*Task instructions*.
Give back every record below precisely as written.

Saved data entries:
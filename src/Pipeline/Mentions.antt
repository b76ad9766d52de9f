-- ===== src/Pipeline/Mentions.antt =====
-- Which document a question names.
use audit_flow_ai.Base.{
  ℕ, String, ◌≡◌, ◌≢◌, refl, ◌⊎◌, inl, inr, false, Option, none, some, List, [], ◌∷◌, In, eq_iff,
  sym, ◌∙◌, arith, Bool-cases,
}
use audit_flow_ai.Base.Dict.{Dict, keys}
use audit_flow_ai.Base.Text.{Tables, is_blank, has_infix, split, replace}
use audit_flow_ai.Pipeline.{
  Identity, Scan, named, best, is_active, scan_words, scan_names, scan_docs,
  mentions_different_contract,
}

-- A scan of `doc_id` names it, or leaves the best match or replaces it by `doc_id`.
abbrev Stays : String → Option String → Scan → Type 0
Stays doc_id match (named d) = d ≡ doc_id
Stays doc_id match (best match' len) = (match' ≡ match) ⊎ (match' ≡ some doc_id)

Stays-trans :
    (doc_id : String) (match match' : Option String) (s : Scan)
    → (match' ≡ match) ⊎ (match' ≡ some doc_id)
    → Stays doc_id match' s
    → Stays doc_id match s
Stays-trans doc_id match match' (named d) h k = k
Stays-trans doc_id match match' (best match'' len) h k = ground arith

Stays-bind :
    (doc_id : String) (match : Option String) (g : Option String → ℕ → Scan) (s : Scan)
    → Stays doc_id match s
    → ((match' : Option String) (len' : ℕ) → Stays doc_id match' (g match' len'))
    → Stays doc_id match (elim s [ named d ↦ named d | best match' len' ↦ g match' len' ])
Stays-bind doc_id match g (named d) h k = h
Stays-bind doc_id match g (best match' len') h k =
    Stays-trans doc_id match match' _ h (k match' len')

module _ (t : Tables) (qw : List String) (doc_id : String) where
  scan_words-Stays :
      (words : List String) (match : Option String) (len : ℕ)
      → Stays doc_id match (scan_words t qw doc_id words match len)
  unfolding scan_words
  scan_words-Stays [] match len = inl refl
  scan_words-Stays (word ∷ words) match len =
      Stays-trans doc_id match _ _ (ground arith) (scan_words-Stays words _ _)

  module _ (ql : String) where
    scan_names-Stays :
        (names : List String) (match : Option String) (len : ℕ)
        → Stays doc_id match (scan_names t ql qw doc_id names match len)
    unfolding scan_names
    scan_names-Stays [] match len = inl refl
    scan_names-Stays (name ∷ names) match len = elim (Bool-cases (is_blank name)) [
      | inl blank ↦ rw blank (scan_names-Stays names match len)
      | inr filled ↦ elim (Bool-cases (has_infix ql (t.lower name))) [
        | inl whole ↦ rw (filled, whole) refl
        | inr part ↦
            rw (filled, part)
              (Stays-bind doc_id match (scan_names t ql qw doc_id names) _
                (scan_words-Stays
                  (split t.is_space (replace b'.' "" (replace b',' "" (t.lower name)))) match len)
                (scan_names-Stays names))
      ]
    ]

not_active : (d : String) (active : Option String) → is_active d active ≡ false → active ≢ some d
unfolding is_active
not_active d none h e = cc
not_active d (some a) h e = ground (arith, eq_iff d a)

Scan-cases :
    (s : Scan)
    → ((d : String) × (s ≡ named d)) ⊎ ((match : Option String) × (len : ℕ) × (s ≡ best match len))
Scan-cases (named d) = inl (d, refl)
Scan-cases (best match len) = inr (match, len, refl)

-- A document of the corpus other than the active one.
abbrev pub Elsewhere : Option String → String → Dict Identity → Type 0
Elsewhere active d docs = In d (keys docs) × (active ≢ some d)

Elsewhere-later :
    (active match : Option String) (d doc_id : String) (identity : Identity) (docs : Dict Identity)
    → (match ≡ some d) ⊎ Elsewhere active d docs
    → (match ≡ some d) ⊎ Elsewhere active d ((doc_id, identity) ∷ docs)
unfolding keys
Elsewhere-later active match d doc_id identity docs (inl e) = inl e
Elsewhere-later active match d doc_id identity docs (inr (m, n)) = inr (inr m, n)

module _ (t : Tables) (ql : String) (qw : List String) (active : Option String) (d : String) where
  found_here :
      (doc_id : String) (identity : Identity) (docs : Dict Identity)
      → is_active doc_id active ≡ false
      → doc_id ≡ d
      → Elsewhere active d ((doc_id, identity) ∷ docs)
  unfolding keys
  found_here doc_id identity docs other e = (inl (sym e), rw (← e) (not_active doc_id active other))

  scan_docs-Elsewhere :
      (docs : Dict Identity) (match : Option String) (len : ℕ)
      → scan_docs t ql qw active docs match len ≡ some d
      → (match ≡ some d) ⊎ Elsewhere active d docs
  unfolding scan_docs
  scan_docs-Elsewhere [] match len h = inl h
  scan_docs-Elsewhere ((doc_id, identity) ∷ docs) match len h =
      let names : List String = identity.company_name ∷ identity.counterparty_name ∷ [] in
      elim (Bool-cases (is_active doc_id active)) [
        | inl same ↦
            Elsewhere-later active match d doc_id identity docs
              (scan_docs-Elsewhere docs match len (ground arith))
        | inr other ↦ elim (Scan-cases (scan_names t ql qw doc_id names match len)) [
          | inl (d', e) ↦
              let here : d' ≡ doc_id = rw e at (scan_names-Stays t qw doc_id ql names match len) in
              inr (found_here doc_id identity docs other (ground arith))
          | inr (match', len', e) ↦
              let stays : (match' ≡ match) ⊎ (match' ≡ some doc_id) =
                rw e at (scan_names-Stays t qw doc_id ql names match len) in
              elim (scan_docs-Elsewhere docs match' len' (ground arith)) [
                | inr (m, n) ↦ Elsewhere-later active match d doc_id identity docs (inr (m, n))
                | inl carried ↦ elim stays [
                  | inl old ↦ inl (sym old ∙ carried)
                  | inr new ↦ inr (found_here doc_id identity docs other (ground arith))
                ]
              ]
        ]
      ]

module _ (t : Tables) where
  -- A document that the question is found to name is one of the corpus, and never the active one.
  pub mentions_different_contract-Elsewhere :
      (question : String) (identities : Dict Identity) (active : Option String) (d : String)
      → mentions_different_contract t question identities active ≡ some d
      → Elsewhere active d identities
  unfolding mentions_different_contract
  mentions_different_contract-Elsewhere question identities active d h =
      elim (scan_docs-Elsewhere t _ _ active d identities none 0 h) [
        | inl e ↦ absurd (ground arith)
        | inr found ↦ found
      ]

*Solution*.
filename src/Pipeline/Mentions.antt
repository b76ad9766d52de9f
-- ===== src/Pipeline/Mentions.antt =====
-- Which document a question names.
use audit_flow_ai.Base.{
  ℕ, String, ◌≡◌, ◌≢◌, refl, ◌⊎◌, inl, inr, false, Option, none, some, List, [], ◌∷◌, In, eq_iff,
  sym, ◌∙◌, arith, Bool-cases,
}
use audit_flow_ai.Base.Dict.{Dict, keys}
use audit_flow_ai.Base.Text.{Tables, is_blank, has_infix, split, replace}
use audit_flow_ai.Pipeline.{
  Identity, Scan, named, best, is_active, scan_words, scan_names, scan_docs,
  mentions_different_contract,
}

-- A scan of `doc_id` names it, or leaves the best match or replaces it by `doc_id`.
abbrev Stays : String → Option String → Scan → Type 0
Stays doc_id match (named d) = d ≡ doc_id
Stays doc_id match (best match' len) = (match' ≡ match) ⊎ (match' ≡ some doc_id)

Stays-trans :
    (doc_id : String) (match match' : Option String) (s : Scan)
    → (match' ≡ match) ⊎ (match' ≡ some doc_id)
    → Stays doc_id match' s
    → Stays doc_id match s
Stays-trans doc_id match match' (named d) h k = k
Stays-trans doc_id match match' (best match'' len) h k = ground arith

Stays-bind :
    (doc_id : String) (match : Option String) (g : Option String → ℕ → Scan) (s : Scan)
    → Stays doc_id match s
    → ((match' : Option String) (len' : ℕ) → Stays doc_id match' (g match' len'))
    → Stays doc_id match (elim s [ named d ↦ named d | best match' len' ↦ g match' len' ])
Stays-bind doc_id match g (named d) h k = h
Stays-bind doc_id match g (best match' len') h k =
    Stays-trans doc_id match match' _ h (k match' len')

module _ (t : Tables) (qw : List String) (doc_id : String) where
  scan_words-Stays :
      (words : List String) (match : Option String) (len : ℕ)
      → Stays doc_id match (scan_words t qw doc_id words match len)
  unfolding scan_words
  scan_words-Stays [] match len = inl refl
  scan_words-Stays (word ∷ words) match len =
      Stays-trans doc_id match _ _ (ground arith) (scan_words-Stays words _ _)

  module _ (ql : String) where
    scan_names-Stays :
        (names : List String) (match : Option String) (len : ℕ)
        → Stays doc_id match (scan_names t ql qw doc_id names match len)
    unfolding scan_names
    scan_names-Stays [] match len = inl refl
    scan_names-Stays (name ∷ names) match len = elim (Bool-cases (is_blank name)) [
      | inl blank ↦ rw blank (scan_names-Stays names match len)
      | inr filled ↦ elim (Bool-cases (has_infix ql (t.lower name))) [
        | inl whole ↦ rw (filled, whole) refl
        | inr part ↦
            rw (filled, part)
              (Stays-bind doc_id match (scan_names t ql qw doc_id names) _
                (scan_words-Stays
                  (split t.is_space (replace b'.' "" (replace b',' "" (t.lower name)))) match len)
                (scan_names-Stays names))
      ]
    ]

not_active : (d : String) (active : Option String) → is_active d active ≡ false → active ≢ some d
unfolding is_active
not_active d none h e = cc
not_active d (some a) h e = ground (arith, eq_iff d a)

Scan-cases :
    (s : Scan)
    → ((d : String) × (s ≡ named d)) ⊎ ((match : Option String) × (len : ℕ) × (s ≡ best match len))
Scan-cases (named d) = inl (d, refl)
Scan-cases (best match len) = inr (match, len, refl)

-- A document of the corpus other than the active one.
abbrev pub Elsewhere : Option String → String → Dict Identity → Type 0
Elsewhere active d docs = In d (keys docs) × (active ≢ some d)

Elsewhere-later :
    (active match : Option String) (d doc_id : String) (identity : Identity) (docs : Dict Identity)
    → (match ≡ some d) ⊎ Elsewhere active d docs
    → (match ≡ some d) ⊎ Elsewhere active d ((doc_id, identity) ∷ docs)
unfolding keys
Elsewhere-later active match d doc_id identity docs (inl e) = inl e
Elsewhere-later active match d doc_id identity docs (inr (m, n)) = inr (inr m, n)

module _ (t : Tables) (ql : String) (qw : List String) (active : Option String) (d : String) where
  found_here :
      (doc_id : String) (identity : Identity) (docs : Dict Identity)
      → is_active doc_id active ≡ false
      → doc_id ≡ d
      → Elsewhere active d ((doc_id, identity) ∷ docs)
  unfolding keys
  found_here doc_id identity docs other e = (inl (sym e), rw (← e) (not_active doc_id active other))

  scan_docs-Elsewhere :
      (docs : Dict Identity) (match : Option String) (len : ℕ)
      → scan_docs t ql qw active docs match len ≡ some d
      → (match ≡ some d) ⊎ Elsewhere active d docs
  unfolding scan_docs
  scan_docs-Elsewhere [] match len h = inl h
  scan_docs-Elsewhere ((doc_id, identity) ∷ docs) match len h =
      let names : List String = identity.company_name ∷ identity.counterparty_name ∷ [] in
      elim (Bool-cases (is_active doc_id active)) [
        | inl same ↦
            Elsewhere-later active match d doc_id identity docs
              (scan_docs-Elsewhere docs match len (ground arith))
        | inr other ↦ elim (Scan-cases (scan_names t ql qw doc_id names match len)) [
          | inl (d', e) ↦
              let here : d' ≡ doc_id = rw e at (scan_names-Stays t qw doc_id ql names match len) in
              inr (found_here doc_id identity docs other (ground arith))
          | inr (match', len', e) ↦
              let stays : (match' ≡ match) ⊎ (match' ≡ some doc_id) =
                rw e at (scan_names-Stays t qw doc_id ql names match len) in
              elim (scan_docs-Elsewhere docs match' len' (ground arith)) [
                | inr (m, n) ↦ Elsewhere-later active match d doc_id identity docs (inr (m, n))
                | inl carried ↦ elim stays [
                  | inl old ↦ inl (sym old ∙ carried)
                  | inr new ↦ inr (found_here doc_id identity docs other (ground arith))
                ]
              ]
        ]
      ]

module _ (t : Tables) where
  -- A document that the question is found to name is one of the corpus, and never the active one.
  pub mentions_different_contract-Elsewhere :
      (question : String) (identities : Dict Identity) (active : Option String) (d : String)
      → mentions_different_contract t question identities active ≡ some d
      → Elsewhere active d identities
  unfolding mentions_different_contract
  mentions_different_contract-Elsewhere question identities active d h =
      elim (scan_docs-Elsewhere t _ _ active d identities none 0 h) [
        | inl e ↦ absurd (ground arith)
        | inr found ↦ found
      ]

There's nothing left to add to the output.